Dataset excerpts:
[Start of Attachment]

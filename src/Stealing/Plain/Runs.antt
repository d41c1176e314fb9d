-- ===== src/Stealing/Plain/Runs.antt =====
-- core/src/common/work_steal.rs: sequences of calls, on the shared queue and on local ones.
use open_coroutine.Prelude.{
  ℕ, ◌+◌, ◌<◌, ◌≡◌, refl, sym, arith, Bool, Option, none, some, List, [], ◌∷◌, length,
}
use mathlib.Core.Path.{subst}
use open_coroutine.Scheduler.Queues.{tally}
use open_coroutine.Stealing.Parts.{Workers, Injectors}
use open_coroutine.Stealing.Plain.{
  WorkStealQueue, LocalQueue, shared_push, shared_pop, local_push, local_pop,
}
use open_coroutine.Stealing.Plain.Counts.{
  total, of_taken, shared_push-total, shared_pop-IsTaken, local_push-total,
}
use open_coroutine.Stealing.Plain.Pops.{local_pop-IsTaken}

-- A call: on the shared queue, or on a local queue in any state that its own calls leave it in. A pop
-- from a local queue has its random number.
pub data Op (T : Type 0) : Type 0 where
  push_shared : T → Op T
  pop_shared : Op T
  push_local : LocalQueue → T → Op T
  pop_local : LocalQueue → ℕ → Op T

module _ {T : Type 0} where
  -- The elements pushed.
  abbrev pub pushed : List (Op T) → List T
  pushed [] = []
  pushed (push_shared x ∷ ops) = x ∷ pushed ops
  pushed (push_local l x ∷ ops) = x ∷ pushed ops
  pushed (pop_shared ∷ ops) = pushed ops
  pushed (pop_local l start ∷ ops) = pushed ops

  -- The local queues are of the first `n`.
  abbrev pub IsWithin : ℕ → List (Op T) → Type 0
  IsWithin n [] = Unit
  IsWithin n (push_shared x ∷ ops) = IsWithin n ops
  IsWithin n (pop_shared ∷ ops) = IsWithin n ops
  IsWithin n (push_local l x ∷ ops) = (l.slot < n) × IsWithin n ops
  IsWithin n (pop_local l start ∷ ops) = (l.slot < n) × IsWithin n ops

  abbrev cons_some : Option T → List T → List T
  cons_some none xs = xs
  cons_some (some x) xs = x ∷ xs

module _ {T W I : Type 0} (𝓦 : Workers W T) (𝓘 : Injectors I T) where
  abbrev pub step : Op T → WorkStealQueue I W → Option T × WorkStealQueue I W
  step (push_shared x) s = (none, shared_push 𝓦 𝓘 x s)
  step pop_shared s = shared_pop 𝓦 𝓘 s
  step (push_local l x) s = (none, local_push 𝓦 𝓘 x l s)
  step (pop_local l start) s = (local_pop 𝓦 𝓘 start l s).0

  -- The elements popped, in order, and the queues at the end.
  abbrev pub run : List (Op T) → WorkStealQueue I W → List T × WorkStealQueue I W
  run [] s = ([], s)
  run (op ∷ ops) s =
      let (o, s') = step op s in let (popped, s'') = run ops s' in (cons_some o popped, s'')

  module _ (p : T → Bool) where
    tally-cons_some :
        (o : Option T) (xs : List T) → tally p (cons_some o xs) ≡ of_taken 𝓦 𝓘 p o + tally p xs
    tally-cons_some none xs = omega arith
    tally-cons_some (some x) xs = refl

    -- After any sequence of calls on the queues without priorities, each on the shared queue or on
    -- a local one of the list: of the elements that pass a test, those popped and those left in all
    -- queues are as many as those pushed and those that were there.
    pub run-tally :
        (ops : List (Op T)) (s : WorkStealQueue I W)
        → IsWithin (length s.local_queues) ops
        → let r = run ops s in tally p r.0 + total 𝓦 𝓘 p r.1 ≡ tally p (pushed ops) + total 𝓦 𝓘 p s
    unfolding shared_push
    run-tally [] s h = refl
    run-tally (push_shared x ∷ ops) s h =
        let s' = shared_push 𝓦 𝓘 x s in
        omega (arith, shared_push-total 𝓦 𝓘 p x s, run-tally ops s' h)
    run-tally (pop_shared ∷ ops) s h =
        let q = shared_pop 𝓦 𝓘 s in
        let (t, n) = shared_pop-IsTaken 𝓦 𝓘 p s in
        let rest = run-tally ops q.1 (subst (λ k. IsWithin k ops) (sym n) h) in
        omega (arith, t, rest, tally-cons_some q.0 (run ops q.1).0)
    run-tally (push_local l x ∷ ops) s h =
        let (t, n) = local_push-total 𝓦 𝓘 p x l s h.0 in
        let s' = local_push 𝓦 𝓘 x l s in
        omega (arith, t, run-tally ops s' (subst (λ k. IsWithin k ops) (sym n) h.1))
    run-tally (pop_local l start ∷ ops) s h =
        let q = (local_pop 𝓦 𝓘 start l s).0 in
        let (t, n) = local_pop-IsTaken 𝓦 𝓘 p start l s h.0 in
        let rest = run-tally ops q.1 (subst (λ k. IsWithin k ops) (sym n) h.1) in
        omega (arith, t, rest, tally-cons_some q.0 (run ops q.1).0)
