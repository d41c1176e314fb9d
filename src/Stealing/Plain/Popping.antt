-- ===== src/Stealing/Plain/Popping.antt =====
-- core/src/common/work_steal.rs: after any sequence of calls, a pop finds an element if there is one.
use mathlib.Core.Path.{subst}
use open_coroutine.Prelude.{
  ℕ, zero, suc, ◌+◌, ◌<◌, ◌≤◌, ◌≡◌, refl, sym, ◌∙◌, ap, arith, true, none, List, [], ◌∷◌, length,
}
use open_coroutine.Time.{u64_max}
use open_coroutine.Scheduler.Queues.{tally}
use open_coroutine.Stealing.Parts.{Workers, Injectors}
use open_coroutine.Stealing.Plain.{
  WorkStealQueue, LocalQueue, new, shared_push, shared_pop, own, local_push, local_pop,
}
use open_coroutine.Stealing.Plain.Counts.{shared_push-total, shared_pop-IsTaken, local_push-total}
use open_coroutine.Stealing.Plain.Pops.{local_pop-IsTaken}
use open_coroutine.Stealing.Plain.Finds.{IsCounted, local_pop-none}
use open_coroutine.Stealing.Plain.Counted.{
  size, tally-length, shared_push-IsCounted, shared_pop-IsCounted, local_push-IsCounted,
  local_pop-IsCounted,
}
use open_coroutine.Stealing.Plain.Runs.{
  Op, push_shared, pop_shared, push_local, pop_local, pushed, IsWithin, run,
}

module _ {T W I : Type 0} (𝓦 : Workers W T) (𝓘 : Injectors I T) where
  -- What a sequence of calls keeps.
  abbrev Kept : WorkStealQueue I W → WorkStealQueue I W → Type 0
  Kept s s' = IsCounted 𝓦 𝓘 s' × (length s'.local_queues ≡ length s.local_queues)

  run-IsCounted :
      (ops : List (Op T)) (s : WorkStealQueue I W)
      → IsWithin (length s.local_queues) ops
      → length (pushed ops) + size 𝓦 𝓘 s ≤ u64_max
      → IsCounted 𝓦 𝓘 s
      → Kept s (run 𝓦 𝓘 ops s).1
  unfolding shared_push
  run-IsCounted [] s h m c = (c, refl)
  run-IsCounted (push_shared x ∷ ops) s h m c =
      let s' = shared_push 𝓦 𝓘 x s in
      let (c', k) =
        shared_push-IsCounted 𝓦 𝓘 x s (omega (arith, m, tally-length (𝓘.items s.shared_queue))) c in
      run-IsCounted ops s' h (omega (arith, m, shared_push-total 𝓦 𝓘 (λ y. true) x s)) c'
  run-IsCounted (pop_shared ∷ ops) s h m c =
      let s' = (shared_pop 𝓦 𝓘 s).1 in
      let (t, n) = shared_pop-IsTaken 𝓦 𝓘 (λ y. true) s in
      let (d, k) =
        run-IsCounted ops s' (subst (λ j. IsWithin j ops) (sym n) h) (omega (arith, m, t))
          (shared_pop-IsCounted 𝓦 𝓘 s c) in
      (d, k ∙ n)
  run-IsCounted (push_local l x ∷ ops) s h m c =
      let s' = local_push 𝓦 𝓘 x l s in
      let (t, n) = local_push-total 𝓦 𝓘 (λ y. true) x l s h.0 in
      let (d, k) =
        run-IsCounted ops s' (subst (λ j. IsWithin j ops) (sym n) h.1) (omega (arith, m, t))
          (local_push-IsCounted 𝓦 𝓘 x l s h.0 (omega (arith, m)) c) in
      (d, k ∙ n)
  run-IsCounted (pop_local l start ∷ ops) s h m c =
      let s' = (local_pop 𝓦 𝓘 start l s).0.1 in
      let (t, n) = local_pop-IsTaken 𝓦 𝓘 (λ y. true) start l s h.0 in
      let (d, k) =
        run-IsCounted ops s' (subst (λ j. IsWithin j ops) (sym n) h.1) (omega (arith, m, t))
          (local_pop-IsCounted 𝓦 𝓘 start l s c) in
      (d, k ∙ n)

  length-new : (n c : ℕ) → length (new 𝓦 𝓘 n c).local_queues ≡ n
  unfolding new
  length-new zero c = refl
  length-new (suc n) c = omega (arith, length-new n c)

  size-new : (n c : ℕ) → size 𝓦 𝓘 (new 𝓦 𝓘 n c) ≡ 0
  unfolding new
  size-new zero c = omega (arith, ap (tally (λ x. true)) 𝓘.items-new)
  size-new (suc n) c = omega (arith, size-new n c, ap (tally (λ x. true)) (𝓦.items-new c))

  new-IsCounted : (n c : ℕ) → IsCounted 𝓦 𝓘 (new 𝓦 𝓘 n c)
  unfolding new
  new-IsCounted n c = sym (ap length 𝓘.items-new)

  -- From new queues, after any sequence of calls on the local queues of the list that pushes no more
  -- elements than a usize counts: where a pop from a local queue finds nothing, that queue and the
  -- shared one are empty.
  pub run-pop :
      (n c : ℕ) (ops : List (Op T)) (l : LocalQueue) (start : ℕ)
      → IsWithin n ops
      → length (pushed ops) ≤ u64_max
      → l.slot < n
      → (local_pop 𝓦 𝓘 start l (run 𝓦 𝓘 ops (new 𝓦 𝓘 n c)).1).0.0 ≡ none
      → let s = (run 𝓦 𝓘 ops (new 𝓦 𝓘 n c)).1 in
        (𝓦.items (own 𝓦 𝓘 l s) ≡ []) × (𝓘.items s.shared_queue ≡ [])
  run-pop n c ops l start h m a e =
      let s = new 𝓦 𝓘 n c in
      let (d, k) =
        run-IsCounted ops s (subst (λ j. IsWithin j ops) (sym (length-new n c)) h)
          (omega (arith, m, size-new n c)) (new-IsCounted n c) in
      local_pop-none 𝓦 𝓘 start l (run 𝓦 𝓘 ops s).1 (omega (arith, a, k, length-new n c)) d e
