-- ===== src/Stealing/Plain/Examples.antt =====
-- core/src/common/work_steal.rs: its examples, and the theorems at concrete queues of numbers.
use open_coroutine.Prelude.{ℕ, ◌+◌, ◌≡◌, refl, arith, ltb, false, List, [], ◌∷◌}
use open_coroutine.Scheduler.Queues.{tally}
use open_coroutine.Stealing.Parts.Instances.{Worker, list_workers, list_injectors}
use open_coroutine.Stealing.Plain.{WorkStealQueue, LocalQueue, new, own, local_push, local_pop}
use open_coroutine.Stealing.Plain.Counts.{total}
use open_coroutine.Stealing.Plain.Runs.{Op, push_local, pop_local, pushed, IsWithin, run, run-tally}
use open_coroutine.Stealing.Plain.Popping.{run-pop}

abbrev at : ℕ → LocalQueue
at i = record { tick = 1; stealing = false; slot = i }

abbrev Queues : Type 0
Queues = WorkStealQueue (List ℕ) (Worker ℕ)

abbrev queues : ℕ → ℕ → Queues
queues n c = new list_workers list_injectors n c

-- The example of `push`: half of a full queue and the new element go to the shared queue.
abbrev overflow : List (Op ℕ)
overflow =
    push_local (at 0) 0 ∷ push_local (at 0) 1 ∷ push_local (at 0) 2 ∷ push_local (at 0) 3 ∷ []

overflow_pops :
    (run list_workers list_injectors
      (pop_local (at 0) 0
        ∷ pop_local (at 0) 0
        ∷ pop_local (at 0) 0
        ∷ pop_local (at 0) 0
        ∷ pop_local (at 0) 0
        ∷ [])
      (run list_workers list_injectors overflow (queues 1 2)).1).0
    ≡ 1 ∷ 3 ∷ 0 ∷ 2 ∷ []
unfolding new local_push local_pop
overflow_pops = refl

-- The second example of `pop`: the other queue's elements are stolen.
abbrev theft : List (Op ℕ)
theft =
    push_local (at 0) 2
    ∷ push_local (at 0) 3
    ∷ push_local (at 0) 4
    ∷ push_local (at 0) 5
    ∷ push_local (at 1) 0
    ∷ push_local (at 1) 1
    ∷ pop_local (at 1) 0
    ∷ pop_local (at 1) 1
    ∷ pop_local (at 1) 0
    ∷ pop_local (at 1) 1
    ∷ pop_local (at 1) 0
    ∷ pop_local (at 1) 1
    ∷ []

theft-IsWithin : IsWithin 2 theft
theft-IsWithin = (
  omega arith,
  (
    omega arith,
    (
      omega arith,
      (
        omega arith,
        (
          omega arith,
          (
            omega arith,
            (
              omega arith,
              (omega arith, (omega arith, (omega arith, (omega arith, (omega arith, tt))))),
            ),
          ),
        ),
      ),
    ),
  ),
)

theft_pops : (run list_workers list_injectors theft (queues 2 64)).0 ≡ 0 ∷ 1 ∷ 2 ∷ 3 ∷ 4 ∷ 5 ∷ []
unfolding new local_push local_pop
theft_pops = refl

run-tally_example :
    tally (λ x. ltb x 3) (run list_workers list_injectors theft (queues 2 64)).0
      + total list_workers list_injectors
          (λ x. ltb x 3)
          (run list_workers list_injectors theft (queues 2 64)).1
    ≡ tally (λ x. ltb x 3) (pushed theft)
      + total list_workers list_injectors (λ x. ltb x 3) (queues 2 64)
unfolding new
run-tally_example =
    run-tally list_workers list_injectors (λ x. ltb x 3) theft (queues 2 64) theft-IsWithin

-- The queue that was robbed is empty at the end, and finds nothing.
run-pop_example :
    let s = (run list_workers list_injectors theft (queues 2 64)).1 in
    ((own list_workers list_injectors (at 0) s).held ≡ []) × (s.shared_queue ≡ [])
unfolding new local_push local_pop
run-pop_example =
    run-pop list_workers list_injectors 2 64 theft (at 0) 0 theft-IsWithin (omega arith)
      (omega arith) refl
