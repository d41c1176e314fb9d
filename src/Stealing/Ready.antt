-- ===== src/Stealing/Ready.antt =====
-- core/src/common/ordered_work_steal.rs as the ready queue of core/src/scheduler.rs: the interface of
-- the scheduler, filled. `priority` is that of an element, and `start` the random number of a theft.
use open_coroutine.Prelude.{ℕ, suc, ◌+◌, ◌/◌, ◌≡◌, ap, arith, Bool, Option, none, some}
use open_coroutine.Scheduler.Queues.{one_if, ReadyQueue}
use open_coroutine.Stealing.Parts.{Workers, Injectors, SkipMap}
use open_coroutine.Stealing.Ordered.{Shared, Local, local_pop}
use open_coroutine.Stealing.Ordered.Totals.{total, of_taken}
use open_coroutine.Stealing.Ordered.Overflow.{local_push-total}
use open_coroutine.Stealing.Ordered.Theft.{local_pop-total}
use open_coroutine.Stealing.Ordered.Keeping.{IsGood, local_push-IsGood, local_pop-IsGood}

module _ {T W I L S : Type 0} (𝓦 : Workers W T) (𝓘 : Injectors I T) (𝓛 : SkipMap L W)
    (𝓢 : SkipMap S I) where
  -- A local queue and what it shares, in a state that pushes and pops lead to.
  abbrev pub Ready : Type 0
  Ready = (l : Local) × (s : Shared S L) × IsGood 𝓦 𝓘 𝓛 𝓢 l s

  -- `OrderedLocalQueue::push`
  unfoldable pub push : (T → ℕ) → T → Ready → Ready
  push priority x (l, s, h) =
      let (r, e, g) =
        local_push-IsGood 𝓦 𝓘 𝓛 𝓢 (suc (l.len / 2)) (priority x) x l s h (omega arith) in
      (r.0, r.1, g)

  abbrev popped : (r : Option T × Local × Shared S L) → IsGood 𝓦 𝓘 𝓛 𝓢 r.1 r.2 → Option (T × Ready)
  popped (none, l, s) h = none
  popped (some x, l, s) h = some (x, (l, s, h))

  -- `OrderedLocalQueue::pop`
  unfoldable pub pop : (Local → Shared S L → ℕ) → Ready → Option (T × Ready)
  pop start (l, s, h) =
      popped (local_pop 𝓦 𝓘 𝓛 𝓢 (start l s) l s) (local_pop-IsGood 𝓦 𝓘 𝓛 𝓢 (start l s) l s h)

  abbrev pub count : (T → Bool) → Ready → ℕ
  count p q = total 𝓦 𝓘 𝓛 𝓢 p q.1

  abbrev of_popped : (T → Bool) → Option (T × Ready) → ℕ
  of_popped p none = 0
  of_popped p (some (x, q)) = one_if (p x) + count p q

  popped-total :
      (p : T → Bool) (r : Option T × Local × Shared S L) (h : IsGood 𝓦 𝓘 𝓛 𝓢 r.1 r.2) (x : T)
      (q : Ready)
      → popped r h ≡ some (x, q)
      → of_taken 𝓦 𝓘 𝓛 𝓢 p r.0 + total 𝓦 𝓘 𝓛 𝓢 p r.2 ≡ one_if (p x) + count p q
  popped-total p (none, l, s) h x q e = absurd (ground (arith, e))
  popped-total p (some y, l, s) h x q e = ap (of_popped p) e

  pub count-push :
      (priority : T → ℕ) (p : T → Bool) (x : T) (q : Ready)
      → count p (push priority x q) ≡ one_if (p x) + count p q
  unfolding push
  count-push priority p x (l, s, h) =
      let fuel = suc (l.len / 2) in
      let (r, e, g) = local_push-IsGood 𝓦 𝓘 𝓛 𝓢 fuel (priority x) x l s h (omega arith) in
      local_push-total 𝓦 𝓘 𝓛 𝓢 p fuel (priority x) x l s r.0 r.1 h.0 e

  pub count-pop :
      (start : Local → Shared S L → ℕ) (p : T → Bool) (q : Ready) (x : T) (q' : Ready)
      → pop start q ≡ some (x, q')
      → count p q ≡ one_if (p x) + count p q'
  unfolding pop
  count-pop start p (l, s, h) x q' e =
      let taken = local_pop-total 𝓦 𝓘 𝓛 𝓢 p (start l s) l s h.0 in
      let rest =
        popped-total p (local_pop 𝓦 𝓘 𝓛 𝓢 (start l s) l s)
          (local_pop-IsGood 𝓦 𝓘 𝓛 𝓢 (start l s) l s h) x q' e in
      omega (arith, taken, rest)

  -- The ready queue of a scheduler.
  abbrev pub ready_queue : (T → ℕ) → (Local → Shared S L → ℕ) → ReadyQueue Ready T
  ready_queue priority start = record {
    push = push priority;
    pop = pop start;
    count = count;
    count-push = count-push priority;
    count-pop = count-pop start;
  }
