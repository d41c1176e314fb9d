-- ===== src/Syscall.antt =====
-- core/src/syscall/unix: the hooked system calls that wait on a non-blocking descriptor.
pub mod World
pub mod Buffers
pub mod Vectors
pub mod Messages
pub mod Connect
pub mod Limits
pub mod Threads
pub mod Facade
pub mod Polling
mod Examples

[End of Attachment]

Problem to work on:
Read the records above. Show each line that has the string "SkipMap".

Problem solution:
use open_coroutine.Stealing.Parts.{Workers, Injectors, SkipMap}
module _ {T W I L S : Type 0} (𝓦 : Workers W T) (𝓘 : Injectors I T) (𝓛 : SkipMap L W)
    (𝓢 : SkipMap S I) where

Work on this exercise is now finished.